= Waxweb =

Waxweb is a hypermedia version of the film Wax or the Discovery of Television Among the Bees by David Blair.

The online version of Waxweb has been hosted since 1994 by the Institute for Advanced Technology in the Humanities at the University of Virginia. It is an 85-minute movie in 80,000 pieces.

In the story at the centre of Waxweb Jacob Maker is a beekeeper who designs flight simulators. The online version enables users to watch the sequences in the order determined by choices made at every step of the way through the story. There is also a CD-ROM version.

The production has received support from the New York State Council for the Arts. Between 1995 and 1997, technical support (and inspiration for this final version) was provided by RACE Laboratory at the University of Tokyo. An early version of Waxweb ran as a MOO, technically supported by Brown University Graphics Lab students (Tom Meyer, Suzanne Hader, David Klaphaak, and others). Additional software for that version was provided by Eastgate Systems with additional assistance from Melynda Barnhardt.
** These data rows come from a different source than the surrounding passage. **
-- ===== src/Tests/Sets.antt =====
-- Examples for src/cw/msgset.c and src/ac/wtpman.c, over the tables of the CAPWAP module and lists for the trees.
use mathlib.Core.Option.{none-ne-some}
use actube.Base.{
  ℕ, ◌≡◌, ◌≢◌, ◌↔◌, refl, arith, Bool, true, Option, none, some, List, [], ◌∷◌, ◌==◌, ◌&&◌, ◌||◌,
  if◌then◌else◌, not, and-left, and-right,
}
use Prim.Native.Nat.{bit_and}
use actube.MsgSet.{ElemData, ElemDef, ElemHandler, MsgDef}
use actube.MsgSet.Order.{same_elem}
use actube.MsgSet.Mavl.{Mavl, In}
use actube.MsgSet.Elements.{IsSame, look, nothing}
use actube.MsgSet.Update.{Elems, cw_append, update_msgdata}
use actube.MsgSet.Update.Elementwise.{NoAppend, same_elem-IsSame, view, effects}
use actube.MsgSet.Update.Consistent.{Mandatory, IsConsistent, update_msgdata-IsConsistent}
use actube.MsgSet.Add.{Message, Set, same_type, same_handler, get_msgdata, msgset_add}
use actube.MsgSet.Add.Total.{NoAppends, IsConsistentSet, msgset_add-IsConsistentSet}
use actube.MsgSet.States.{MachineState, same_state, add_states}
use actube.Capwap.Names.{
  state_data_check, state_dtls_setup, state_join, state_run, elem_result_code, elem_ac_name,
}
use actube.Capwap.Messages.{messages, join_response_elements}
use actube.Capwap.Handlers.{Handler, handlers}
use actube.Capwap.Cisco.{messages70, merged}
use actube.Capwap.Machine.{capwap_states, cisco_states}
use actube.Machine.Session.{Session, joined}
use actube.Machine.Session.Closed.{loaded}
use actube.Machine.Session.Tables.{Goes, place, capwap-Session, cisco-Session}
use actube.Tests.ListMap.{list_map}

not_append : (n : ℕ) → not (n == cw_append) ≡ true → n ≢ cw_append
not_append n h = ground arith

-- Whether none of the definitions appends.
abbrev no_append : List ElemDef → Bool
no_append [] = true
no_append (d ∷ ds) = not (bit_and d.op 0xff == cw_append) && no_append ds

no_append-NoAppend : (ds : List ElemDef) → no_append ds ≡ true → NoAppend ds
no_append-NoAppend [] h = tt
no_append-NoAppend (d ∷ ds) h =
    (not_append (bit_and d.op 0xff) (and-left _ _ h), no_append-NoAppend ds (and-right _ _ h))

abbrev no_appends : List (MsgDef ℕ) → Bool
no_appends [] = true
no_appends (d ∷ ds) = no_append d.elements && no_appends ds

no_appends-NoAppends : (ds : List (MsgDef ℕ)) → no_appends ds ≡ true → NoAppends ds
no_appends-NoAppends [] h = tt
no_appends-NoAppends (d ∷ ds) h =
    (no_append-NoAppend d.elements (and-left _ _ h), no_appends-NoAppends ds (and-right _ _ h))

same_elem_self : (x : ElemData) → same_elem x x ≡ true
unfolding same_elem
same_elem_self x = ground arith

abbrev elem_map : Mavl ElemData same_elem
elem_map = list_map same_elem same_elem-IsSame same_elem_self

same_type-IsSame : IsSame (same_type {S = ℕ} {Tree = elem_map.Tree})
same_type-IsSame = record { sym_lem = λ x y. ground arith; trans_lem = λ x y z h. ground arith }

same_type_self : (x : Message ℕ elem_map.Tree) → same_type x x ≡ true
same_type_self x = ground arith

abbrev message_map : Mavl (Message ℕ elem_map.Tree) same_type
message_map = list_map same_type same_type-IsSame same_type_self

same_handler-IsSame : IsSame (same_handler {S = ℕ})
same_handler-IsSame = record { sym_lem = λ x y. ground arith; trans_lem = λ x y z h. ground arith }

same_handler_self : (x : ElemHandler ℕ) → same_handler x x ≡ true
same_handler_self x = ground arith

abbrev handler_map : Mavl (ElemHandler ℕ) same_handler
handler_map = list_map same_handler same_handler-IsSame same_handler_self

same_state-IsSame : IsSame same_state
same_state-IsSame = record { sym_lem = λ x y. ground arith; trans_lem = λ x y z h. ground arith }

same_state_self : (x : MachineState) → same_state x x ≡ true
same_state_self x = ground arith

abbrev state_map : Mavl MachineState same_state
state_map = list_map same_state same_state-IsSame same_state_self

-- An element's id is its key; there are no callbacks.
abbrev elem_handler : Handler → ElemHandler ℕ
elem_handler h = record {
  id = h.id;
  vendor = h.vendor;
  proto = h.proto;
  key = h.id;
  min_len = h.min_len;
  max_len = h.max_len;
  get = none;
  put = none;
}

abbrev elem_handlers : List Handler → List (ElemHandler ℕ)
elem_handlers [] = []
elem_handlers (h ∷ hs) = elem_handler h ∷ elem_handlers hs

abbrev two_handlers : ℕ → ℕ → ℕ → Option (ElemHandler ℕ)
two_handlers proto vendor id =
    if id == elem_result_code || id == elem_ac_name
    then some (elem_handler (record { id = id; vendor = 0; proto = 0; min_len = 4; max_len = 4 }))
    else none

abbrev no_elems : Elems elem_map.Tree
no_elems = record { elements_tree = elem_map.empty; elements_list = []; mand_keys = [] }

no_elems-IsConsistent : IsConsistent elem_map two_handlers no_elems
unfolding look
no_elems-IsConsistent = record { once = nothing; agreed = λ x. rw (elem_map.get-empty x) refl }

update_msgdata-IsConsistent_example :
    (e : Elems elem_map.Tree) × (update_msgdata elem_map two_handlers no_elems
        join_response_elements
      ≡ some e)
    × IsConsistent elem_map two_handlers e
    × ((x : ElemData)
        → view elem_map two_handlers e x
          ≡ effects two_handlers x (view elem_map two_handlers no_elems x) join_response_elements)
    × ((k : ℕ)
        → In k e.mand_keys
          ↔ Mandatory two_handlers (λ x. elem_map.get e.elements_tree x ≡ some x) k)
update_msgdata-IsConsistent_example =
    update_msgdata-IsConsistent elem_map two_handlers no_elems join_response_elements
      (no_append-NoAppend join_response_elements refl) no_elems-IsConsistent

abbrev no_set : Set elem_map handler_map message_map
no_set = record { msgdata = message_map.empty; handlers_by_id = handler_map.empty }

no_set-IsConsistentSet : IsConsistentSet elem_map handler_map message_map no_set
unfolding list_map look get_msgdata
no_set-IsConsistentSet type msg h = absurd (none-ne-some msg h)

msgset_add-IsConsistentSet_example :
    (set : Set elem_map handler_map message_map) × (msgset_add elem_map handler_map message_map
        no_set
        (messages none)
        (elem_handlers handlers)
      ≡ some set)
    × IsConsistentSet elem_map handler_map message_map set
msgset_add-IsConsistentSet_example =
    msgset_add-IsConsistentSet elem_map handler_map message_map no_set (messages none)
      (elem_handlers handlers) (no_appends-NoAppends (messages none) refl) no_set-IsConsistentSet

capwap-Session_example :
    Goes state_map (loaded state_map capwap_states) (place state_dtls_setup state_join)
    × (state_join ≢ state_run)
capwap-Session_example =
    capwap-Session {S = ℕ} state_map none (place state_dtls_setup state_join) joined

cisco-Session_example :
    Goes state_map
      (add_states state_map (loaded state_map capwap_states) cisco_states)
      (place state_dtls_setup state_join)
    × Session state_map
        (add_states state_map (loaded state_map capwap_states) cisco_states)
        (merged (messages {S = ℕ} none) messages70)
        (place state_data_check state_run)
cisco-Session_example =
    cisco-Session {S = ℕ} state_map none (place state_dtls_setup state_join) joined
In the movie, Wax or the Discovery of Television Among the Bees, David Blair plays Jacob Maker, Meg Savlov plays Melissa Maker, Florence Ormezzano plays Allelle Zillah, William Burroughs plays James "Hive" Maker, and Dr. Clyde Tombaugh is himself. The movie was created in co-production with Das Kleine Fernsehspiel, a program of ZDF Channel 2 of German Public Television.